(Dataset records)
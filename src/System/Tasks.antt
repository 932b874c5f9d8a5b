-- ===== src/System/Tasks.antt =====
-- How processes start and end, and the limits of the kernel's state.
use orca_os.Base.{
  ℕ, zero, suc, ◌+◌, ◌≤◌, refl, arith, pos, if_cases, Option, none, some, update, ltb, leb, ◌==◌,
  ◌&&◌, not,
}
use orca_os.Paging.{map_program}
use orca_os.Process.{Pcb, Kernel, below, current_fd}
use orca_os.Process.Calls.{Events, Outcome, ret, waits, jumps}
use orca_os.Process.Tasks.{
  system_call_paging, last_active, register, create_pcb, is_null, after, close_open, free_fd,
  close_all, give_up, restore, sys_halt,
}
use orca_os.System.Calm.{set_fd-Calm}
use orca_os.System.Limits.{block, Limits, Calm-Limits, Within}
use orca_os.System.Calls.{call_close-Within}

register-small :
    (x : ℕ)
    → x ≤ 5
    → (i left : ℕ) (a : ℕ → ℕ) → ((j : ℕ) → a j ≤ 5)
    → (j : ℕ) → register x i left a j ≤ 5
unfolding register
register-small x h i zero a s j = s j
register-small x h i (suc left) a s j =
    if_cases (λ (b : ℕ → ℕ). b j ≤ 5) (a i == 0) (λ e. ground (arith, s j))
      (λ e. register-small x h (i + 1) left a s j)

-- No list of a block has a number above 5.
abbrev Small : (ℕ → Pcb) → Type 0
Small m = (a i : ℕ) → (m a).active_processes i ≤ 5

update-Small :
    (m : ℕ → Pcb) (a : ℕ) (p : Pcb)
    → Small m
    → ((i : ℕ) → p.active_processes i ≤ 5)
    → Small (update m a p)
update-Small m a p s h b i =
    if_cases (λ (q : Pcb). q.active_processes i ≤ 5) (a == b) (λ e. h i) (λ e. s b i)

create_pcb-Small : (k : Kernel) → k.process_number ≤ 5 → Small k.pcbs → Small (create_pcb k).0.pcbs
unfolding create_pcb
create_pcb-Small k h v =
    let a = below (k.process_number + 1) in
    let s = below (k.console.on_display + 1) in
    let u1 = update-Small k.pcbs a _ v (λ i. v a i) in
    let u2 =
      if_cases Small (ltb 2 k.process_number)
        (λ e. update-Small _ s _ u1 (register-small k.process_number h 0 4 _ (u1 s))) (λ e. u1) in
    update-Small _ a _ u2 (u2 a)

pub create_pcb-Limits :
    (k : Kernel)
    → k.process_number ≤ 5
    → Limits k
    → let r = create_pcb k in Limits (record (r.0) { current_pcb = r.1 })
unfolding create_pcb
create_pcb-Limits k h v = record {
  console = v.console;
  current = block (k.process_number + 1) (omega arith) refl;
  number = omega arith;
  recover = v.recover;
  frame = v.frame;
  numbers = λ a. ground (arith, v.numbers a);
  slots = create_pcb-Small k h v.slots;
  home = λ a. ground (arith, v.home a, v.console.shown);
}

pub system_call_paging-Limits :
    (p : Pcb) (k : Kernel) → p.process_num ≤ 5 → Limits k → Limits (system_call_paging p k)
unfolding system_call_paging map_program
system_call_paging-Limits p k h v = record {
  console = v.console;
  current = v.current;
  number = v.number;
  recover = v.recover;
  frame = omega arith;
  numbers = v.numbers;
  slots = v.slots;
  home = v.home;
}

give_up-Limits : (s : ℕ) (o : Option ℕ) (k : Kernel) → Limits k → Limits (give_up s o k)
unfolding give_up
give_up-Limits s none k v = record {
  console = v.console;
  current = v.current;
  number = omega arith;
  recover = v.recover;
  frame = v.frame;
  numbers = v.numbers;
  slots = v.slots;
  home = v.home;
}
give_up-Limits s (some i) k v = record {
  console = v.console;
  current = v.current;
  number = omega (arith, v.slots s i);
  recover = v.recover;
  frame = v.frame;
  numbers = λ a. ground (arith, v.numbers a, v.numbers s);
  slots = λ a j. ground (arith, v.slots a j, v.slots s j);
  home = λ a. ground (arith, v.home a, v.home s);
}

-- Another block becomes current.
with_current-Limits :
    (n e : ℕ) (k : Kernel)
    → n ≤ 6
    → Limits k
    → Limits (record k { current_pcb = below n; esp0 = e })
with_current-Limits n e k h v = record {
  console = v.console;
  current = block n h refl;
  number = v.number;
  recover = v.recover;
  frame = v.frame;
  numbers = v.numbers;
  slots = v.slots;
  home = v.home;
}

restore-Within : (k : Kernel) → Limits k → Within (restore k)
unfolding restore
restore-Within k v =
    let s = below ((k.pcbs k.current_pcb).parent_terminal + 1) in
    let o = last_active (k.pcbs s).active_processes 4 in
    let k1 = give_up s o k in
    let w = give_up-Limits s o k v in
    let p = k1.pcbs (below k1.process_number) in
    system_call_paging-Limits p _ (w.numbers (below k1.process_number))
      (with_current-Limits k1.process_number (below p.process_num) k1 w.number w)

after-Within :
    (o : Outcome) (next : Kernel → Outcome)
    → Within o
    → ((k : Kernel) → Limits k → Within (next k))
    → Within (after o next)
after-Within (ret k buf r) next w h = h k w
after-Within waits next w h = tt
after-Within (jumps a) next w h = tt

close_open-Within : (ev : Events) (i : ℕ) (k : Kernel) → Limits k → Within (close_open ev i k)
unfolding close_open
close_open-Within ev i k v =
    let d = current_fd i k in
    if_cases Within ((d.flags == 1) && not (is_null d.close))
      (λ e. call_close-Within d.close ev (pos i) k v) (λ e. v)

close_all-Within :
    (ev : Events) (i left : ℕ) (k : Kernel) → Limits k → Within (close_all ev i left k)
unfolding close_all
close_all-Within ev i zero k v = v
close_all-Within ev i (suc left) k v =
    after-Within (close_open ev i k) _ (close_open-Within ev i k v) (λ k1 w.
      close_all-Within ev (i + 1) left (free_fd i k1) (Calm-Limits k1 _ (set_fd-Calm i _ k1) w))

pub sys_halt-Within : (ev : Events) (k : Kernel) → Limits k → Within (sys_halt ev k)
unfolding sys_halt
sys_halt-Within ev k v =
    if_cases Within (leb k.process_number 2) (λ e. v)
      (λ e. after-Within (close_all ev 0 8 k) restore (close_all-Within ev 0 8 k v) restore-Within)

◆ Exercise aim
Copy all the lines above that hold the string "zero".

◆ Answer to the exercise
  ℕ, zero, suc, ◌+◌, ◌≤◌, refl, arith, pos, if_cases, Option, none, some, update, ltb, leb, ◌==◌,
register-small x h i zero a s j = s j
close_all-Within ev i zero k v = v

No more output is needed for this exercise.